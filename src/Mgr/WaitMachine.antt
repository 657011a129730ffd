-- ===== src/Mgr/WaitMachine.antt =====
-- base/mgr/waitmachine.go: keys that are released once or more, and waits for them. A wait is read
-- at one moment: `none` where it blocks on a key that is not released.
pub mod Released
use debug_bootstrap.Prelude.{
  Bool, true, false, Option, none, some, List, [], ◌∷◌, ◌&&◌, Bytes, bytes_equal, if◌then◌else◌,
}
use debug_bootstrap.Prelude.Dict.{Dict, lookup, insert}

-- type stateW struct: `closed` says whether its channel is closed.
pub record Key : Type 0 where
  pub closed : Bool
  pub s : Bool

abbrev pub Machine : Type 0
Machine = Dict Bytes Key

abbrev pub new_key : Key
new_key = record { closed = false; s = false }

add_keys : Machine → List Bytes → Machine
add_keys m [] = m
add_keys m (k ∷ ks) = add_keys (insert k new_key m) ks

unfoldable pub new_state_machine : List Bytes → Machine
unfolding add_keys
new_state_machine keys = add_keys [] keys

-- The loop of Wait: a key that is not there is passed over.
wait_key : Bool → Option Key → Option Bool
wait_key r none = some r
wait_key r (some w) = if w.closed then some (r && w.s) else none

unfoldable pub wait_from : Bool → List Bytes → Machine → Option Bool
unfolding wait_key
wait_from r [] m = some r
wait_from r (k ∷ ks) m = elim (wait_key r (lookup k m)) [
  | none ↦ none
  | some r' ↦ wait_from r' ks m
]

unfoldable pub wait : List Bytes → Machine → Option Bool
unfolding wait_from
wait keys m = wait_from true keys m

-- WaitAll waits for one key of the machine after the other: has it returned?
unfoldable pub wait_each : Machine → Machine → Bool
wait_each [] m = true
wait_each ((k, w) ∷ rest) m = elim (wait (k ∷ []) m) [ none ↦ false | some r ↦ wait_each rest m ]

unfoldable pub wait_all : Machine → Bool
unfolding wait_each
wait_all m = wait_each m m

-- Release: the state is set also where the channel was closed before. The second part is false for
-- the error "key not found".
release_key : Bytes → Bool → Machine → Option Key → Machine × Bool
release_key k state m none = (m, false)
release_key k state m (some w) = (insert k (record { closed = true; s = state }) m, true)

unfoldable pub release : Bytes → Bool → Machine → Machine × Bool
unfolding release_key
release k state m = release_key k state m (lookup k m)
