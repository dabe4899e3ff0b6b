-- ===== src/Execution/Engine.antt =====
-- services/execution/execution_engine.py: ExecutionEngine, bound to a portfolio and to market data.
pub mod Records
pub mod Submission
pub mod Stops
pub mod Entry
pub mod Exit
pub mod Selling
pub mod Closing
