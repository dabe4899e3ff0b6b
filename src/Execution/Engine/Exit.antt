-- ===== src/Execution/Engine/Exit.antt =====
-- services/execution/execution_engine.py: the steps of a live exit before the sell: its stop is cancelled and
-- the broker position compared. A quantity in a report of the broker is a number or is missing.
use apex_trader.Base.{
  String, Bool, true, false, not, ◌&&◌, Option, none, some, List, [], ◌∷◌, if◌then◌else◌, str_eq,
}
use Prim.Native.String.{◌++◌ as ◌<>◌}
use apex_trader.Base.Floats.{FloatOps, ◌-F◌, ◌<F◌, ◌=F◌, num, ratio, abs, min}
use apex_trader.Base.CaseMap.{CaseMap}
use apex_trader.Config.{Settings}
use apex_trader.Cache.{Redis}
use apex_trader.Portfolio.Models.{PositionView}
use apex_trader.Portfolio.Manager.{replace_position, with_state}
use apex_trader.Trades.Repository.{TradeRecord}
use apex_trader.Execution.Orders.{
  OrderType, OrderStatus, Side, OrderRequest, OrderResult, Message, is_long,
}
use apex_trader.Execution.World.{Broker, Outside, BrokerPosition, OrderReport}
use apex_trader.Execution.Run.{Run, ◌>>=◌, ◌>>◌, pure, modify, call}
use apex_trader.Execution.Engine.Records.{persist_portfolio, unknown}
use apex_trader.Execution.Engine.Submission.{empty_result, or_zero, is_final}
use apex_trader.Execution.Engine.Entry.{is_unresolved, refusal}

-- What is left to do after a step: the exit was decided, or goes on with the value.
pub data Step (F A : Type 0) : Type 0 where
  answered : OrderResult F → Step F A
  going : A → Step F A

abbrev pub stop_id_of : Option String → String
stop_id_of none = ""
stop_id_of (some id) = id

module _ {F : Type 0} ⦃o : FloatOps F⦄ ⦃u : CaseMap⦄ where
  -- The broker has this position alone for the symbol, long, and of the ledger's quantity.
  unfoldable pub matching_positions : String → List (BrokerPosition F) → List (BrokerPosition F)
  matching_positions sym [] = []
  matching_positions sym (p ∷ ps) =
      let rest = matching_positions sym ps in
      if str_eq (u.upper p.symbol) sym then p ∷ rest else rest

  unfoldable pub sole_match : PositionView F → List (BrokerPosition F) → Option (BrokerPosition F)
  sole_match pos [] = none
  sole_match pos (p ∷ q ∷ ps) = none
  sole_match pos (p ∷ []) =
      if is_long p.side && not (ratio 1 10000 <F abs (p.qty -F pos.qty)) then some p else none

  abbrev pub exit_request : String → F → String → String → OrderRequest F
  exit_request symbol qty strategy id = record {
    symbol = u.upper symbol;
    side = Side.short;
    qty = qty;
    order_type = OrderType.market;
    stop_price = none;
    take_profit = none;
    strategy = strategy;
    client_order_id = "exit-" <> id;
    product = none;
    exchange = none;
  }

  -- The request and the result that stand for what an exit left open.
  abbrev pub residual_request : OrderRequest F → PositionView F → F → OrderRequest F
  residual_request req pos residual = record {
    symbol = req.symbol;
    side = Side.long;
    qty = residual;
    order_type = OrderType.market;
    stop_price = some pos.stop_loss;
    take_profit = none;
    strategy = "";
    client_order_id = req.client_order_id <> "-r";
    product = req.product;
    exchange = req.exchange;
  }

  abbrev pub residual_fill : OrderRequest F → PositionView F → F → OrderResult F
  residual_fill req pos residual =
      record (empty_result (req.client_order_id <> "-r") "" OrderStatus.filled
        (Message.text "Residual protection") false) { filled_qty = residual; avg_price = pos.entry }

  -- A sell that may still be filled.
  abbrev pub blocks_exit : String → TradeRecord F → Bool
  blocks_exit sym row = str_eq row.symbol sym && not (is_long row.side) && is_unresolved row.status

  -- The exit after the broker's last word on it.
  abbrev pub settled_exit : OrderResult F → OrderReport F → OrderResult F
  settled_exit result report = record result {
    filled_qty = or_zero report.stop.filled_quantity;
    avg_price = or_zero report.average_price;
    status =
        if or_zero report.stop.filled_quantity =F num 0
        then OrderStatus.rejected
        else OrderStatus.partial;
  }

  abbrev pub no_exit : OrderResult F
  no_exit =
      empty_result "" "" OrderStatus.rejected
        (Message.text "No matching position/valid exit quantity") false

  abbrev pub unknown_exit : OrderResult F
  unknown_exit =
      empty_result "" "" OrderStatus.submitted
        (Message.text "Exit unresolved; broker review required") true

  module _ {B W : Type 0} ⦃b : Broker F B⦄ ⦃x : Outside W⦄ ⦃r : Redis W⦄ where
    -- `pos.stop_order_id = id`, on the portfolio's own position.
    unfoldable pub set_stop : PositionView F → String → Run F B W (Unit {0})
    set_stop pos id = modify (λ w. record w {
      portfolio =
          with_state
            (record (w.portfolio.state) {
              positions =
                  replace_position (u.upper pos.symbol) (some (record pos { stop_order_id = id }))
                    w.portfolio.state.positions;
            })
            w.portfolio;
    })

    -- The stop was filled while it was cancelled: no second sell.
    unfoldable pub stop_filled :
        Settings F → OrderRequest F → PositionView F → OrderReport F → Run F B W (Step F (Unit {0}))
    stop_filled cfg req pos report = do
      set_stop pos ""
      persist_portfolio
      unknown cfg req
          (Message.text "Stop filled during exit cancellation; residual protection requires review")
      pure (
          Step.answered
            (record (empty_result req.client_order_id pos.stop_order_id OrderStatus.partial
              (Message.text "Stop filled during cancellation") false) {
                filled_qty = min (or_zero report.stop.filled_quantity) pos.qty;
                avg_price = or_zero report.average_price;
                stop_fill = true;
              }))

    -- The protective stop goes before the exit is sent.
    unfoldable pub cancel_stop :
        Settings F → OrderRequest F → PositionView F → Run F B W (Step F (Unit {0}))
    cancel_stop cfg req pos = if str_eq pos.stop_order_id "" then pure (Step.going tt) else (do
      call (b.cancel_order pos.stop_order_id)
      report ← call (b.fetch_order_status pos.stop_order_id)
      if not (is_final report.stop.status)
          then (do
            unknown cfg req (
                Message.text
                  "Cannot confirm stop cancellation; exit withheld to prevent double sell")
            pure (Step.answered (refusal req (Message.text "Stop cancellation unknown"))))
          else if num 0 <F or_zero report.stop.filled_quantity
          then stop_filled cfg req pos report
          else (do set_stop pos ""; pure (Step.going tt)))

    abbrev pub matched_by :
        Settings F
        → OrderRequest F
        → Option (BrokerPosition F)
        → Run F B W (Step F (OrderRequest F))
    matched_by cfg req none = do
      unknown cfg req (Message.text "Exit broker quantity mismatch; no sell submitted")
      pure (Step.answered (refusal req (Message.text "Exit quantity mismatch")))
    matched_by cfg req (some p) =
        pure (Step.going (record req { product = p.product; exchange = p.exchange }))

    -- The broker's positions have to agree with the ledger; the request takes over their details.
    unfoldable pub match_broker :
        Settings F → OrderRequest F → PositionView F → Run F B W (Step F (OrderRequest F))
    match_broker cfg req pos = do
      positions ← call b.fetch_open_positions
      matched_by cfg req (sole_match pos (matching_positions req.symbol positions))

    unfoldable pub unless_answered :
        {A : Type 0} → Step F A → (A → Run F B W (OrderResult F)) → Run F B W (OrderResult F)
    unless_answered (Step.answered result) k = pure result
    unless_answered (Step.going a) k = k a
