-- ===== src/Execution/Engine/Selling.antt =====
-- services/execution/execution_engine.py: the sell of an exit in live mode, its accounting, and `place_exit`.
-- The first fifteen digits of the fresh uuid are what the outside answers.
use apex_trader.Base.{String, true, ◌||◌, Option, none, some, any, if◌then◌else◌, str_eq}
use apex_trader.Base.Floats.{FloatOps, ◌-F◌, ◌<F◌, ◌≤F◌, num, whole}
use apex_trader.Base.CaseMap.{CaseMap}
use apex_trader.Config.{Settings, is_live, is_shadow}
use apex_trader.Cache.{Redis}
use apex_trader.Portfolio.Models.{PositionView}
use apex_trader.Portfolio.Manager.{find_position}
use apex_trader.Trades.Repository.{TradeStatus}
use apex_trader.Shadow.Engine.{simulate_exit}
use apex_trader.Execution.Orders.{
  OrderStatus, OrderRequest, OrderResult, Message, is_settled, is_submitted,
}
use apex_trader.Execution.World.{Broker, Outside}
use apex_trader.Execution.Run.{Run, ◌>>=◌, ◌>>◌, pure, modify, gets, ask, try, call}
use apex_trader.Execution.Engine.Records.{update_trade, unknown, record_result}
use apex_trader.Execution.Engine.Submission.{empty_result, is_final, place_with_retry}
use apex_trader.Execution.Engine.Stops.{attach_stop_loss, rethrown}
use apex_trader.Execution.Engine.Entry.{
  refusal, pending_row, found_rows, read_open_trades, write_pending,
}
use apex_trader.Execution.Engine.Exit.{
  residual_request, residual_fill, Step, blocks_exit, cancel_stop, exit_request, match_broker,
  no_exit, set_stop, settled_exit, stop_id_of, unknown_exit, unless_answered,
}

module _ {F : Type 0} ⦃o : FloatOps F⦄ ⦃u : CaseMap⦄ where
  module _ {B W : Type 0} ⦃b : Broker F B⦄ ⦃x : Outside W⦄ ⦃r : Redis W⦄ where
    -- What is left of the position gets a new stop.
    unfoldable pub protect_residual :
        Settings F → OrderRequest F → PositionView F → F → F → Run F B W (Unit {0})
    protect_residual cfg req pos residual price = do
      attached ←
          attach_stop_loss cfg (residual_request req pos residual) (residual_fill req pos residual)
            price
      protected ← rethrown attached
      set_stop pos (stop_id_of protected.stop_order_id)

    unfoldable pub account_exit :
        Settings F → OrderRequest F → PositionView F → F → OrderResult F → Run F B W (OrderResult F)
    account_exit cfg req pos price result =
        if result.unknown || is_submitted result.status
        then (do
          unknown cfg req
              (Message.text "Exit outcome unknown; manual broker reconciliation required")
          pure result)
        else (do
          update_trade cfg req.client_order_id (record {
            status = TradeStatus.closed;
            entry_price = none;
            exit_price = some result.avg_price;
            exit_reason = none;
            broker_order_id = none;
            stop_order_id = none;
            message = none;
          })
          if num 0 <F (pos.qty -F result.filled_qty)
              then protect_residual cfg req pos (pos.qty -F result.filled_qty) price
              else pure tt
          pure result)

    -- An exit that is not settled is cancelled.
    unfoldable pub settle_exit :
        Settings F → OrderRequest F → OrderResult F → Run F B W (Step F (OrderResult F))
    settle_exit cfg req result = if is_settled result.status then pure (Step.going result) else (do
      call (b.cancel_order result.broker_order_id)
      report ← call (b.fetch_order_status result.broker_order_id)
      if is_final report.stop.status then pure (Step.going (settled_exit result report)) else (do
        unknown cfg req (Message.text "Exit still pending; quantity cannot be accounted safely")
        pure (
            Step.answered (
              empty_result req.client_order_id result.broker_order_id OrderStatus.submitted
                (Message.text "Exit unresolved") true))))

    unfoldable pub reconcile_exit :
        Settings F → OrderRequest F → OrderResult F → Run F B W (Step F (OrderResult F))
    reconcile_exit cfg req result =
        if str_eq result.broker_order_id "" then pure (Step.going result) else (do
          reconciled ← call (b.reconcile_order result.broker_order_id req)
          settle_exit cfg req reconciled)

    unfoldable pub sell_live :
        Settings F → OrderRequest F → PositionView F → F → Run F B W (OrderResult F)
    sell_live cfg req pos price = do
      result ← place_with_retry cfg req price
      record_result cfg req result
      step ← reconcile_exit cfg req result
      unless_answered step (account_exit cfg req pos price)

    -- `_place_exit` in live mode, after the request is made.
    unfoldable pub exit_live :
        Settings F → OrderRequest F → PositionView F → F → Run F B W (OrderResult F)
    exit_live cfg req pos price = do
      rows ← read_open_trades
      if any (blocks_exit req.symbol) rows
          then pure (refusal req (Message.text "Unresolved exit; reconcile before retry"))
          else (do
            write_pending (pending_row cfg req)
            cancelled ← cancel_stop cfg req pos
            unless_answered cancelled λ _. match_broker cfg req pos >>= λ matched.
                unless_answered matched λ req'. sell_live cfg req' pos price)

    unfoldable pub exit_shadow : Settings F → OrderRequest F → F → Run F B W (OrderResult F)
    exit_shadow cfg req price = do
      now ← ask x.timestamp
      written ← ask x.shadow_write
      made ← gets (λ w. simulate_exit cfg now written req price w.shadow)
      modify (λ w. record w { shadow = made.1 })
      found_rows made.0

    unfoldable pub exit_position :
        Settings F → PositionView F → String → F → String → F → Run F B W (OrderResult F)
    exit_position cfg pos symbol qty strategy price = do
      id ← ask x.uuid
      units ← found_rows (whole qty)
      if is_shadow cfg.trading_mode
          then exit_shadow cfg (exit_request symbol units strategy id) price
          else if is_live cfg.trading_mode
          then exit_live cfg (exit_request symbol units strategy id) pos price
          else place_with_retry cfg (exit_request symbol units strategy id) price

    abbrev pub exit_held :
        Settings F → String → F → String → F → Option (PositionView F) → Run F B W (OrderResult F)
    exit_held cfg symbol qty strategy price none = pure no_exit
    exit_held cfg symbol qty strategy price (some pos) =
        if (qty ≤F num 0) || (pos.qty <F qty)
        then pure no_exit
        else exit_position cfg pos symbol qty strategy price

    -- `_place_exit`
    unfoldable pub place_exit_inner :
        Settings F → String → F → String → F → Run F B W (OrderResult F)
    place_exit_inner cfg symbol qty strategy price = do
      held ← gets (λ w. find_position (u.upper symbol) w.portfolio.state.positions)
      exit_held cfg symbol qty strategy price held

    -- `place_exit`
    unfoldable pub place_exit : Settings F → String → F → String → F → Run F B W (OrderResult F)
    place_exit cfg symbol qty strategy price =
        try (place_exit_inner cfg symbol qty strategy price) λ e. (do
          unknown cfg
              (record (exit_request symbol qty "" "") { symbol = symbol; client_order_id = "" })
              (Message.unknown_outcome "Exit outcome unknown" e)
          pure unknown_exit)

WHAT YOU NEED TO DO
Give back exactly the lines of the listing above that run from the line with "-- WaitAll waits" to the line with "release k state", inclusive.

RESPONSE
-- WaitAll waits for one key of the machine after the other: has it returned?
unfoldable pub wait_each : Machine → Machine → Bool
wait_each [] m = true
wait_each ((k, w) ∷ rest) m = elim (wait (k ∷ []) m) [ none ↦ false | some r ↦ wait_each rest m ]

unfoldable pub wait_all : Machine → Bool
unfolding wait_each
wait_all m = wait_each m m

-- Release: the state is set also where the channel was closed before. The second part is false for
-- the error "key not found".
release_key : Bytes → Bool → Machine → Option Key → Machine × Bool
release_key k state m none = (m, false)
release_key k state m (some w) = (insert k (record { closed = true; s = state }) m, true)

unfoldable pub release : Bytes → Bool → Machine → Machine × Bool
unfolding release_key
release k state m = release_key k state m (lookup k m)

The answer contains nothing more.